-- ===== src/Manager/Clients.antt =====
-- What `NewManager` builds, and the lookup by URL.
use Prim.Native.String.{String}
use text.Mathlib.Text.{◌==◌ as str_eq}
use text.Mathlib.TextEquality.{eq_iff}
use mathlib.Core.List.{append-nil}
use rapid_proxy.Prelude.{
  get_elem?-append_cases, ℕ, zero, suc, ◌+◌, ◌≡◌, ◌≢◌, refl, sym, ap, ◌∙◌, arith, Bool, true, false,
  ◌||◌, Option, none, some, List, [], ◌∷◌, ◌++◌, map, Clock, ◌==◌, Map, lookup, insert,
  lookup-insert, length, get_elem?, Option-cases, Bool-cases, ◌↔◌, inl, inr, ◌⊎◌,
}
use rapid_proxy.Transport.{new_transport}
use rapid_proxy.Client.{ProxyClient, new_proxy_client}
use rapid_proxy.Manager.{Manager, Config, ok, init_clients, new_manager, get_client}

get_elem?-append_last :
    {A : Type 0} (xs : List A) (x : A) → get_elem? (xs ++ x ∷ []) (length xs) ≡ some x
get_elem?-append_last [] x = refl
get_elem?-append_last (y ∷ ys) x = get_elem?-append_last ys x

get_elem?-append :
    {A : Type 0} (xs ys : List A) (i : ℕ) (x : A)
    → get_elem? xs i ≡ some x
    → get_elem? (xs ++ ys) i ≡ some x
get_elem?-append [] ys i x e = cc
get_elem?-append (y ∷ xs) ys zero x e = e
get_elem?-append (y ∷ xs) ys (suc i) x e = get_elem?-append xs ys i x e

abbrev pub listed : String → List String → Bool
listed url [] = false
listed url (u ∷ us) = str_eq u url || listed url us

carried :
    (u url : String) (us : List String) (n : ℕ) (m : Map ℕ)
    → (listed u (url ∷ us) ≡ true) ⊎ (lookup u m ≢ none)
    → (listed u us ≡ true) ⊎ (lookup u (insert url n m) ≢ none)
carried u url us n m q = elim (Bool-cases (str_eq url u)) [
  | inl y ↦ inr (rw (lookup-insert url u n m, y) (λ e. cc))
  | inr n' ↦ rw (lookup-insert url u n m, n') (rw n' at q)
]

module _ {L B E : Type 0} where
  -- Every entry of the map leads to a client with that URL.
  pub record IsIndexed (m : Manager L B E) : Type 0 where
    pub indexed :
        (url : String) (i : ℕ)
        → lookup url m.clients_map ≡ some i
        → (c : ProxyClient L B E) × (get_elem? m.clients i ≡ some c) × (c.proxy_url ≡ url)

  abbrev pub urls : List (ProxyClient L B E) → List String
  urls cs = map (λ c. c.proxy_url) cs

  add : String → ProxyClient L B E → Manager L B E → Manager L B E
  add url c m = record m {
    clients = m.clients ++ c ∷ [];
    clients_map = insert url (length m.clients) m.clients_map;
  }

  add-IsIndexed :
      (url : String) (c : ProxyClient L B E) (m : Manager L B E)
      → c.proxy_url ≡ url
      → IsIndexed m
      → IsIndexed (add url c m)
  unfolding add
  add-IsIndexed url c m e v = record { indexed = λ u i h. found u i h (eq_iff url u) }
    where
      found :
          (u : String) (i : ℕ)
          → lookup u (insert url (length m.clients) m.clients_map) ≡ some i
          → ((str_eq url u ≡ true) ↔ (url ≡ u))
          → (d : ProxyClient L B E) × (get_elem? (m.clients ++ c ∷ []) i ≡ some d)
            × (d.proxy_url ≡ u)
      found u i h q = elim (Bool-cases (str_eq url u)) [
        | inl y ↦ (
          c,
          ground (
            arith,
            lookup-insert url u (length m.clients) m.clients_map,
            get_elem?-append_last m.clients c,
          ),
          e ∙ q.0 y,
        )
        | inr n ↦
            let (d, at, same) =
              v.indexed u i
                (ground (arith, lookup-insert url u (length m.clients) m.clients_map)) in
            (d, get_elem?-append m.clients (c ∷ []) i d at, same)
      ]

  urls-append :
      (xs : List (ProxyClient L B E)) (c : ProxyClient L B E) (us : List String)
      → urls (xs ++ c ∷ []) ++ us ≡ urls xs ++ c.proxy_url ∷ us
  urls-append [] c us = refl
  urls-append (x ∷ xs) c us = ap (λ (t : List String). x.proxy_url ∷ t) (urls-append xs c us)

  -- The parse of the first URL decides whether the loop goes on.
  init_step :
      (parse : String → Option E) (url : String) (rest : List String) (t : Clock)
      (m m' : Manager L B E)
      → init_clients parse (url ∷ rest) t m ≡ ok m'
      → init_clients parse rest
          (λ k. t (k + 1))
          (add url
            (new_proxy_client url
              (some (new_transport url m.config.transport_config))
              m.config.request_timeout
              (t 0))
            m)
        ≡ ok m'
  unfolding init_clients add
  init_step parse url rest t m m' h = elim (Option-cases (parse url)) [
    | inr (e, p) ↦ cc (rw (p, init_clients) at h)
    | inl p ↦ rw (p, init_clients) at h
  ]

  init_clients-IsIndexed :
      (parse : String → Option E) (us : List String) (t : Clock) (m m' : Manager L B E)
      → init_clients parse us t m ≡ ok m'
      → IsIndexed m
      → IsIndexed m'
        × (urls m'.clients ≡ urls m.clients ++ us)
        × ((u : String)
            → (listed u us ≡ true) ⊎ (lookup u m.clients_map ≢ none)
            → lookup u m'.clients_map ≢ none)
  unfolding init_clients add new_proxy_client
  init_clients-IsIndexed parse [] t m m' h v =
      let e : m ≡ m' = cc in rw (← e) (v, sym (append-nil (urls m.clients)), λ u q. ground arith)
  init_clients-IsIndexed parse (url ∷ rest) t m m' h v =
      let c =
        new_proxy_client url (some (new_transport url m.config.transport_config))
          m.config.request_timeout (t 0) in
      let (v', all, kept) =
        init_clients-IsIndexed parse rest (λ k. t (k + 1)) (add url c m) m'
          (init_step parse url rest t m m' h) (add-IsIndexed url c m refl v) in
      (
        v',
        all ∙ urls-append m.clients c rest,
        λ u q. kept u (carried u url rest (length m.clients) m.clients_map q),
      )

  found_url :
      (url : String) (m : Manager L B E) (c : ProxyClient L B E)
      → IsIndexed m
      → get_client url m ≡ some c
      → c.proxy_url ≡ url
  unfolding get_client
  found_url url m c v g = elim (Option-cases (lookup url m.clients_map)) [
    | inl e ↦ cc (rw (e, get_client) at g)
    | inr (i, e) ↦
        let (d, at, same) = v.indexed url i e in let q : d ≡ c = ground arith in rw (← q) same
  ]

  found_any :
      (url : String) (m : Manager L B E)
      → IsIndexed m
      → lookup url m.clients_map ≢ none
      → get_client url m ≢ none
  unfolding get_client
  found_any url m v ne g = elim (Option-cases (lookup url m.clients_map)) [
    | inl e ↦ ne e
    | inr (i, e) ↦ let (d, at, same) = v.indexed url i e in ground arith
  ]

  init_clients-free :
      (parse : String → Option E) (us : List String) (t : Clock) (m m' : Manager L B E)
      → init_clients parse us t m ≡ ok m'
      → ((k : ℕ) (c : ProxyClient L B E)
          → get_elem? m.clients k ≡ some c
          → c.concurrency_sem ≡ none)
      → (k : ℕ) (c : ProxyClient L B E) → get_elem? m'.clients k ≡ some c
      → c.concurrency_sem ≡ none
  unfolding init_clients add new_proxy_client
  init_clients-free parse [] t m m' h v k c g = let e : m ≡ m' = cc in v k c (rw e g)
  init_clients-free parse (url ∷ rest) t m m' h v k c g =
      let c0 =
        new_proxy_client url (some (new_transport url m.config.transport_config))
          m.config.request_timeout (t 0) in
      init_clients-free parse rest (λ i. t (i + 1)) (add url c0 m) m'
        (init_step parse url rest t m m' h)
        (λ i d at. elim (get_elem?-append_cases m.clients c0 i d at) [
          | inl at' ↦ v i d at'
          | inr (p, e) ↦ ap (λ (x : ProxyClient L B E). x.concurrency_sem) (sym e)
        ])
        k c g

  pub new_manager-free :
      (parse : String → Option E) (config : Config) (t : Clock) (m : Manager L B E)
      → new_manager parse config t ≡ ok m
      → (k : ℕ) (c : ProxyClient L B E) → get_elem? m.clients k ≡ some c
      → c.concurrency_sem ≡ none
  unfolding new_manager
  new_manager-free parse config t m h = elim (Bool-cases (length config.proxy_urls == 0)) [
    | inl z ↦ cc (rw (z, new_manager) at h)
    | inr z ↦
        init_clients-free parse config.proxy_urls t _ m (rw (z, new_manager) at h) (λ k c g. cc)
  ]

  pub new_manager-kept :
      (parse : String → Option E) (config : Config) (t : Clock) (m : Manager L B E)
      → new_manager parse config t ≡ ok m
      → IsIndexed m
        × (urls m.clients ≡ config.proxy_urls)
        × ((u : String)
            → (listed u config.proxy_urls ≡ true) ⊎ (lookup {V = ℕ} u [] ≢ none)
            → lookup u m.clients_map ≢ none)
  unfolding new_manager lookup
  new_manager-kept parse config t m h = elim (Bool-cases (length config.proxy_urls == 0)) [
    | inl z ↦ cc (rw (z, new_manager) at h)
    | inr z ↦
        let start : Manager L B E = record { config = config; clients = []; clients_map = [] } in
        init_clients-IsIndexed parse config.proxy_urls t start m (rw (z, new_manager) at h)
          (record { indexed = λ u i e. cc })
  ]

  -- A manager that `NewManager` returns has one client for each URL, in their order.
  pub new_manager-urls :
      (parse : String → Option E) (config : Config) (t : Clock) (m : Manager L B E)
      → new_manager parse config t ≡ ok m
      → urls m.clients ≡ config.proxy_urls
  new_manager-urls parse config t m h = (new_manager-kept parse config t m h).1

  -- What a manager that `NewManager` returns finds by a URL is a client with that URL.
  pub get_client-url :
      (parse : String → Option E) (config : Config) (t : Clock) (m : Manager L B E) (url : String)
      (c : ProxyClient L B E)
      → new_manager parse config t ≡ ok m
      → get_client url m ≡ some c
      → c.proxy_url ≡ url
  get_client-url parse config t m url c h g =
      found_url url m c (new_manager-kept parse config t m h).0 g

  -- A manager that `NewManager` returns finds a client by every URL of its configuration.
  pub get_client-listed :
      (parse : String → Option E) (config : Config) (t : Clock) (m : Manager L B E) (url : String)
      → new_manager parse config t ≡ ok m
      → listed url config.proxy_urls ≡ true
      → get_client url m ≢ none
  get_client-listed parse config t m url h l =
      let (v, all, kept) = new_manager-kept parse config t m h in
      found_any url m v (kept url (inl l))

-=-=-=-=-

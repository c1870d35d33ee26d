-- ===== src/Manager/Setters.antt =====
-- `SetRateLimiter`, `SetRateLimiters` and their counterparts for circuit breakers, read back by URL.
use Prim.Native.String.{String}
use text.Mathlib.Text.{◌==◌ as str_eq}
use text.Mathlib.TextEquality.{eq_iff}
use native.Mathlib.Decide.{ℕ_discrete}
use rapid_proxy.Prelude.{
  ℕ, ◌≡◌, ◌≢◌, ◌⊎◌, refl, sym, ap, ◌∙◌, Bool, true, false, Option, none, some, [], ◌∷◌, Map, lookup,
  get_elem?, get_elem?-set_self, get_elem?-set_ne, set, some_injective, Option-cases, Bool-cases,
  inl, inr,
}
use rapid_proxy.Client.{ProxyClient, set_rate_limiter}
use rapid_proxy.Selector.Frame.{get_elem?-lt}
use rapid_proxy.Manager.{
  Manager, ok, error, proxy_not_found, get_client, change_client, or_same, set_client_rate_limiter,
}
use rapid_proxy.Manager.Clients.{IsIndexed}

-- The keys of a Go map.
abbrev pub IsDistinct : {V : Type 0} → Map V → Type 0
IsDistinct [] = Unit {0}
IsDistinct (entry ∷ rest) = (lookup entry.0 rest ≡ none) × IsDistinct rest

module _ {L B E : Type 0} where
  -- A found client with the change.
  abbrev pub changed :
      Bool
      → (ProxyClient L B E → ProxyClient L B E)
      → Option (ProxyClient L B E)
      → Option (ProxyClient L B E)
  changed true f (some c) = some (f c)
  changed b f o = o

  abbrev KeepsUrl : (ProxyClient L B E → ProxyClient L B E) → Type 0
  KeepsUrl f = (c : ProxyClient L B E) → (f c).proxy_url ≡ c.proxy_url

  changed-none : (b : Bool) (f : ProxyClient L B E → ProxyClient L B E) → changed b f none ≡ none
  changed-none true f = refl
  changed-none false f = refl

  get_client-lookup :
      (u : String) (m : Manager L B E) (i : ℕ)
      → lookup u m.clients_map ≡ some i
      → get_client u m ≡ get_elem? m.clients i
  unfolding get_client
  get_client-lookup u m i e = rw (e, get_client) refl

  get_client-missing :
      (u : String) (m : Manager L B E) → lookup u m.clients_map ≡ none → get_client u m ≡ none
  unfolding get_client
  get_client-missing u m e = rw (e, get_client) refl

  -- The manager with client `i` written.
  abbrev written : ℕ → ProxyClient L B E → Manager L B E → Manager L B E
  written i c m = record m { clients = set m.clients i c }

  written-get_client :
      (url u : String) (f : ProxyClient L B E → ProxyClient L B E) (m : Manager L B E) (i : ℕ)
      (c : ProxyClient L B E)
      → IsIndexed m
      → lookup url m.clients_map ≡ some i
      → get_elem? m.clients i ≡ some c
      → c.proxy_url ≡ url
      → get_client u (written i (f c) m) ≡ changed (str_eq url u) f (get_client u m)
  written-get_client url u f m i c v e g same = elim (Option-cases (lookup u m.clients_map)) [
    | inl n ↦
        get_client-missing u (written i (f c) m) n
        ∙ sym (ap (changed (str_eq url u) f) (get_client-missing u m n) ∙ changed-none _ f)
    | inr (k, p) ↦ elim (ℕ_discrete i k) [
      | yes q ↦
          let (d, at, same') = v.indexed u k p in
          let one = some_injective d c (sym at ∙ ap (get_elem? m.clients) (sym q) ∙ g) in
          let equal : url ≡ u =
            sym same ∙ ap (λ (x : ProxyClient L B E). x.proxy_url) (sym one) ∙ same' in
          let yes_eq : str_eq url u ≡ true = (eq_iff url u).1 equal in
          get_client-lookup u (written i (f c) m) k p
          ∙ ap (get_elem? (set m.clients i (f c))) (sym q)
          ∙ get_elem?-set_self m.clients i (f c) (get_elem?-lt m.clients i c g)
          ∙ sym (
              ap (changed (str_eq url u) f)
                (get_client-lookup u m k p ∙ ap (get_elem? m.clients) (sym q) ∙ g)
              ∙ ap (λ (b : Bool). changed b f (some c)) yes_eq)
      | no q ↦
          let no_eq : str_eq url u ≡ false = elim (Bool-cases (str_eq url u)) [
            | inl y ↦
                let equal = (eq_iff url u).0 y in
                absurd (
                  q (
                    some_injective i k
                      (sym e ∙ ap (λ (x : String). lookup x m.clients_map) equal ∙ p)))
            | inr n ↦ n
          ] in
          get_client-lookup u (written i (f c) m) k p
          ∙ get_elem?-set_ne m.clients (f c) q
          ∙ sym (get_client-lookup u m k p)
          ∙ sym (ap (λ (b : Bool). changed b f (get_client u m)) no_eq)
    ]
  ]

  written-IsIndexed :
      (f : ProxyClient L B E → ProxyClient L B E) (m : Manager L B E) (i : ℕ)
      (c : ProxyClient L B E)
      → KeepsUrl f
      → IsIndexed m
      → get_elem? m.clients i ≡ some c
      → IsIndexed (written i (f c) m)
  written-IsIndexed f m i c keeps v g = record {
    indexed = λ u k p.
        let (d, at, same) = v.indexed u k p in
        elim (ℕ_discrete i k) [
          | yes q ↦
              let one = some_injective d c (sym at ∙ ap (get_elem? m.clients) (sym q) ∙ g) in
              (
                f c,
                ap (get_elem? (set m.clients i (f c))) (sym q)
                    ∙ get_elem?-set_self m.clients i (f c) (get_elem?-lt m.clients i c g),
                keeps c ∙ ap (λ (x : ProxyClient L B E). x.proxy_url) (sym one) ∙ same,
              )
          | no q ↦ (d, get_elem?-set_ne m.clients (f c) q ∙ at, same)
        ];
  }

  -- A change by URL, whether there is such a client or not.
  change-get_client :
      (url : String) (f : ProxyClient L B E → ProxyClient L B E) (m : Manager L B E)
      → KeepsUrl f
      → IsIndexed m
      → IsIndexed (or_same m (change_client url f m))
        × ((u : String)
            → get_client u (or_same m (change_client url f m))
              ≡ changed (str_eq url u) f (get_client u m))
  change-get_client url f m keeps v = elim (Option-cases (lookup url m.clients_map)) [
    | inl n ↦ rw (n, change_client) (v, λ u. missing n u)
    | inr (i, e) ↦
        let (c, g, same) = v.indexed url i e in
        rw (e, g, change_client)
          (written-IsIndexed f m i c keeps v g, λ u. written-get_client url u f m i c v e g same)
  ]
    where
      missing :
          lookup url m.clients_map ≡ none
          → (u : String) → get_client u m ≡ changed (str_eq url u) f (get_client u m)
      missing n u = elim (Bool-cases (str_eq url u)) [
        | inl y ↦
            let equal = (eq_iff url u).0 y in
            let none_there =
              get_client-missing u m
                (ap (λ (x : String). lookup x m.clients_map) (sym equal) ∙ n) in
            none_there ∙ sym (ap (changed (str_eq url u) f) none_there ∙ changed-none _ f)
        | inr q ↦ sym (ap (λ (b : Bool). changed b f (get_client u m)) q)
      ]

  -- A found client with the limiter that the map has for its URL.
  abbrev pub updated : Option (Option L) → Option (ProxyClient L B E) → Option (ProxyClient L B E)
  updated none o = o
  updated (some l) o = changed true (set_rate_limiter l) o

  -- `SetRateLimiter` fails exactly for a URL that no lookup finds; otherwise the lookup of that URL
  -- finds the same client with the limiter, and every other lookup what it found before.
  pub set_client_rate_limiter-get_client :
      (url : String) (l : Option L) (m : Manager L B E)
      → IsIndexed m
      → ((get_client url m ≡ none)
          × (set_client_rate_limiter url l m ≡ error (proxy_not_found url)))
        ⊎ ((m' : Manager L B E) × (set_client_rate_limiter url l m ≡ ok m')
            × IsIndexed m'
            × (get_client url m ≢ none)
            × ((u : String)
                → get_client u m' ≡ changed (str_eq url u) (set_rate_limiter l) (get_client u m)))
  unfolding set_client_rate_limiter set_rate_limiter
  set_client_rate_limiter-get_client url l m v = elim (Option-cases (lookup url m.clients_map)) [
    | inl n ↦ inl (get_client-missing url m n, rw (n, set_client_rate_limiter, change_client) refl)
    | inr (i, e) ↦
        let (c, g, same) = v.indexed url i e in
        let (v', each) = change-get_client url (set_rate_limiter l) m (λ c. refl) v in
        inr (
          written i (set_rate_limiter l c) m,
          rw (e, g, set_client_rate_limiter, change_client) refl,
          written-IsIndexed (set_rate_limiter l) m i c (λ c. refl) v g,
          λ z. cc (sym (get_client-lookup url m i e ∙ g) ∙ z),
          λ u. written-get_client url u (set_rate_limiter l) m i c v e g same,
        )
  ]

-=-=-=-=-

# Problem to solve
Above this task is a listing. Restate, word for word and with nothing added, the lines from the one with "-- Every entry" through the one with "urls cs = map (λ c. c.proxy_url) cs".

# Answer area
  -- Every entry of the map leads to a client with that URL.
  pub record IsIndexed (m : Manager L B E) : Type 0 where
    pub indexed :
        (url : String) (i : ℕ)
        → lookup url m.clients_map ≡ some i
        → (c : ProxyClient L B E) × (get_elem? m.clients i ≡ some c) × (c.proxy_url ≡ url)

  abbrev pub urls : List (ProxyClient L B E) → List String
  urls cs = map (λ c. c.proxy_url) cs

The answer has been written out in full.